Stored data entries -
*** Block opens ***

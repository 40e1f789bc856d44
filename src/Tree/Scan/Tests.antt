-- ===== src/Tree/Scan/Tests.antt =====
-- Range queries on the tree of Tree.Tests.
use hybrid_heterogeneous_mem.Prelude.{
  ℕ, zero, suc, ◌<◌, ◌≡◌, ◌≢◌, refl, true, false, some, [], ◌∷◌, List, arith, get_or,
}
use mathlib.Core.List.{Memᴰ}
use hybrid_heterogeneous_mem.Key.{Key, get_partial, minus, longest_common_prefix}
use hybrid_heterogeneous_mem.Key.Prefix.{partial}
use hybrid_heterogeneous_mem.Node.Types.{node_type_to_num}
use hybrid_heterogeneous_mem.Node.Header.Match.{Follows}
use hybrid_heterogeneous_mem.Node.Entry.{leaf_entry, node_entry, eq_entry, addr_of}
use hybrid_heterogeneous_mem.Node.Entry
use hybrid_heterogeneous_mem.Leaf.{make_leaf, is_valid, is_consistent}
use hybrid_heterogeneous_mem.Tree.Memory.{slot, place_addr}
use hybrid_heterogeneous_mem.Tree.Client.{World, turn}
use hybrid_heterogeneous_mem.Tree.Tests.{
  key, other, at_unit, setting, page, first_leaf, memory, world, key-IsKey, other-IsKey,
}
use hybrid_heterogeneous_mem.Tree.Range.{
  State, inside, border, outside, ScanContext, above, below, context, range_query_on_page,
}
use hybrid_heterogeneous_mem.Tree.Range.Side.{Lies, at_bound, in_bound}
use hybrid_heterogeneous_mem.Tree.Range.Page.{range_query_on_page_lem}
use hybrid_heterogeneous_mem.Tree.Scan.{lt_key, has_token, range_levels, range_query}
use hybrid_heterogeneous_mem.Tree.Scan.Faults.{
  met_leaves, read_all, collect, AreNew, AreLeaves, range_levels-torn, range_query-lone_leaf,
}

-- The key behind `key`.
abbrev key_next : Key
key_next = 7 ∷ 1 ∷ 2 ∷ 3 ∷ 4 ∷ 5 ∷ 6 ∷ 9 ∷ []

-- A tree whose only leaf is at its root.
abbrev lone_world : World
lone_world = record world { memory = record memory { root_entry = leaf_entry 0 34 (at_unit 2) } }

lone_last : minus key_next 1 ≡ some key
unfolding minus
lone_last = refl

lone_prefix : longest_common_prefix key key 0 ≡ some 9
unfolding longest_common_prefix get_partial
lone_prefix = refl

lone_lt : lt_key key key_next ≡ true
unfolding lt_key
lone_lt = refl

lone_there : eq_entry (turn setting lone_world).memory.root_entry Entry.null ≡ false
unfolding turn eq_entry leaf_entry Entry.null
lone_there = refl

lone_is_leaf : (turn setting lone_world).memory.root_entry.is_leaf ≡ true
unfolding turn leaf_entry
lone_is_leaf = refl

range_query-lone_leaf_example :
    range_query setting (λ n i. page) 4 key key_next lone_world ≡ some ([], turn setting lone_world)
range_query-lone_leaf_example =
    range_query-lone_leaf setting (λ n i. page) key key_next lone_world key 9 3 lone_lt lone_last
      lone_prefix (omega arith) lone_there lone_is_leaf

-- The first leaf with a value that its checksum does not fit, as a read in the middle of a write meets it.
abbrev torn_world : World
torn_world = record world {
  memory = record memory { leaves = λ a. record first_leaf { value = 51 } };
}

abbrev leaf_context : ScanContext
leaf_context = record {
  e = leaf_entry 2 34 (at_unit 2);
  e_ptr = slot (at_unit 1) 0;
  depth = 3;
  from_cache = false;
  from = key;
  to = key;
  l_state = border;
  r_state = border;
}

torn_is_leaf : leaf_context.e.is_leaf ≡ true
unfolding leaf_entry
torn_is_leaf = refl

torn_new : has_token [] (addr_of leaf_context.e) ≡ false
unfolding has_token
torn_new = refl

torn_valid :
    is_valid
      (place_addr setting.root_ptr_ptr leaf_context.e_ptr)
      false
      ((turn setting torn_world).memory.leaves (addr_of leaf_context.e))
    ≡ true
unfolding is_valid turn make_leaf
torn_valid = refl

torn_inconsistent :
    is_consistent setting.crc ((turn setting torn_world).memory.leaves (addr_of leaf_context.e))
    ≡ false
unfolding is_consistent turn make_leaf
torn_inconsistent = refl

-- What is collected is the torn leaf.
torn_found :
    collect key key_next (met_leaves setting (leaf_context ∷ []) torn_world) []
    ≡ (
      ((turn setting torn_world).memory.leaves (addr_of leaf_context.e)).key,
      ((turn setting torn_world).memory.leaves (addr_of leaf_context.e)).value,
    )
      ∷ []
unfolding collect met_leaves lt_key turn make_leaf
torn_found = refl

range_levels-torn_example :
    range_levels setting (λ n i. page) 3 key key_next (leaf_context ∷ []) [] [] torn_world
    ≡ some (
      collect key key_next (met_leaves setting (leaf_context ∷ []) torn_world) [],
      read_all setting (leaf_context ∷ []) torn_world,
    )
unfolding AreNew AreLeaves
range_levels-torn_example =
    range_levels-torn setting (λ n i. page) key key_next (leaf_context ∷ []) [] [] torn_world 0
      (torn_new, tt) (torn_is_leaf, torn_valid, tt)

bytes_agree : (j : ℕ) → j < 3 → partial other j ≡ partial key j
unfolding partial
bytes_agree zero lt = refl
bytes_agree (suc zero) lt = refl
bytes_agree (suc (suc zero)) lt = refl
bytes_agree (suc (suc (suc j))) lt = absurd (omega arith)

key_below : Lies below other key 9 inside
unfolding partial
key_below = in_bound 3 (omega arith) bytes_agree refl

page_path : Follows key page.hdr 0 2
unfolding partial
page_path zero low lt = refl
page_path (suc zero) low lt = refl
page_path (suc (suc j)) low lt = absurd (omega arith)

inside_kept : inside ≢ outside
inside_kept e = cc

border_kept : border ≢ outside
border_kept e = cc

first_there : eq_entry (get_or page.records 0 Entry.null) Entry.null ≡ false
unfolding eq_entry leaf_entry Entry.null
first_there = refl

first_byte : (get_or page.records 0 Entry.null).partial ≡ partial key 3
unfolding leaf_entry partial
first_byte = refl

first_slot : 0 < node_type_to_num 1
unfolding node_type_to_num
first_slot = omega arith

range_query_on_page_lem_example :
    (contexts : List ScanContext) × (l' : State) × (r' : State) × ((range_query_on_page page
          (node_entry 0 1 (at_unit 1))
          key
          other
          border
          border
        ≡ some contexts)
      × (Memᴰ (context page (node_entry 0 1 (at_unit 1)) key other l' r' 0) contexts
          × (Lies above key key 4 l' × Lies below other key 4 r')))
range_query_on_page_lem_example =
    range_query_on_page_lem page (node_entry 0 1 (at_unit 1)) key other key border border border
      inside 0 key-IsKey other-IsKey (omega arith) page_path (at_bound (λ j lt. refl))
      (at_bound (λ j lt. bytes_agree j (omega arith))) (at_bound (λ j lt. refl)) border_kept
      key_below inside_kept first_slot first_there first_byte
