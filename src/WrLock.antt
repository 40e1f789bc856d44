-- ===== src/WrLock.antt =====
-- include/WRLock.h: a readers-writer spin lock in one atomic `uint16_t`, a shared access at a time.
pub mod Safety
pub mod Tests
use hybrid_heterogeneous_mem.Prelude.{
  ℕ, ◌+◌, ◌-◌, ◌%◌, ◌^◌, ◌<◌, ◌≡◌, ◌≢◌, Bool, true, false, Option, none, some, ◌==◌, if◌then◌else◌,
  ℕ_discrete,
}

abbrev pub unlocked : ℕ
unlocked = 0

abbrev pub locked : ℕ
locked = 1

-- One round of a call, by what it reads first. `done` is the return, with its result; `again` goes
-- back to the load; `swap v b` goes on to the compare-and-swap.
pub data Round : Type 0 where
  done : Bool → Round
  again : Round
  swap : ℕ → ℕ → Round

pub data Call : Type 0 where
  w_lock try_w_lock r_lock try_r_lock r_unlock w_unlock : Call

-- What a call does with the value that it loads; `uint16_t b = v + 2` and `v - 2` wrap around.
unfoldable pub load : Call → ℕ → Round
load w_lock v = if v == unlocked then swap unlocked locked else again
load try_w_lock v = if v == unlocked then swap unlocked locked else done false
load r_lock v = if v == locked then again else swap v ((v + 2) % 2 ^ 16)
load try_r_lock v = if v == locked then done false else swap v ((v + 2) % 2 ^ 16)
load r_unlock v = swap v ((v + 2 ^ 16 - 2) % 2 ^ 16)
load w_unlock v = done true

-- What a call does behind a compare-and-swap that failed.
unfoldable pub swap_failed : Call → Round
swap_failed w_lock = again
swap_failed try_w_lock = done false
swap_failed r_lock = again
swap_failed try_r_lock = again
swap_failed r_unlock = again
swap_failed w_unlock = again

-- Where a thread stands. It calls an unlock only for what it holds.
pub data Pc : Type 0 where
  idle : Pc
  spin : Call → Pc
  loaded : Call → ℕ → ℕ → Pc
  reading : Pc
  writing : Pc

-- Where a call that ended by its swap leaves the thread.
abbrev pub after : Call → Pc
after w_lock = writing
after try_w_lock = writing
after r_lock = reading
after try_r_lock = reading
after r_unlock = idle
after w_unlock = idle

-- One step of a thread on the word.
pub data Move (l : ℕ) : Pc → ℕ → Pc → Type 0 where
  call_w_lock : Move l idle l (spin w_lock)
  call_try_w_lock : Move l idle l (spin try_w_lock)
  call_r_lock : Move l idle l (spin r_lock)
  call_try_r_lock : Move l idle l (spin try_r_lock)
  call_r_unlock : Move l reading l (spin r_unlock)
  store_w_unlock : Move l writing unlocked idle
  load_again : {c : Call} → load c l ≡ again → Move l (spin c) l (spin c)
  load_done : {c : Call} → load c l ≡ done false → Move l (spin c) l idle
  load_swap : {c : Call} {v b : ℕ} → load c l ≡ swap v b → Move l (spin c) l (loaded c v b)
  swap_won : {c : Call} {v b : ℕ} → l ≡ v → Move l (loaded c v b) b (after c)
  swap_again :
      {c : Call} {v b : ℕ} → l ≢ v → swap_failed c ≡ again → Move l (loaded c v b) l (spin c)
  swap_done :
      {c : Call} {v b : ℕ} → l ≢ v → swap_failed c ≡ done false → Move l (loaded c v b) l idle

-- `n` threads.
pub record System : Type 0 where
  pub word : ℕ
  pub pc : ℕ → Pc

*** Block closes ***

Exercise requirements - Using the records above, copy all lines that include the word "writing".

Solution to this task -
  writing : Pc
after w_lock = writing
after try_w_lock = writing
  store_w_unlock : Move l writing unlocked idle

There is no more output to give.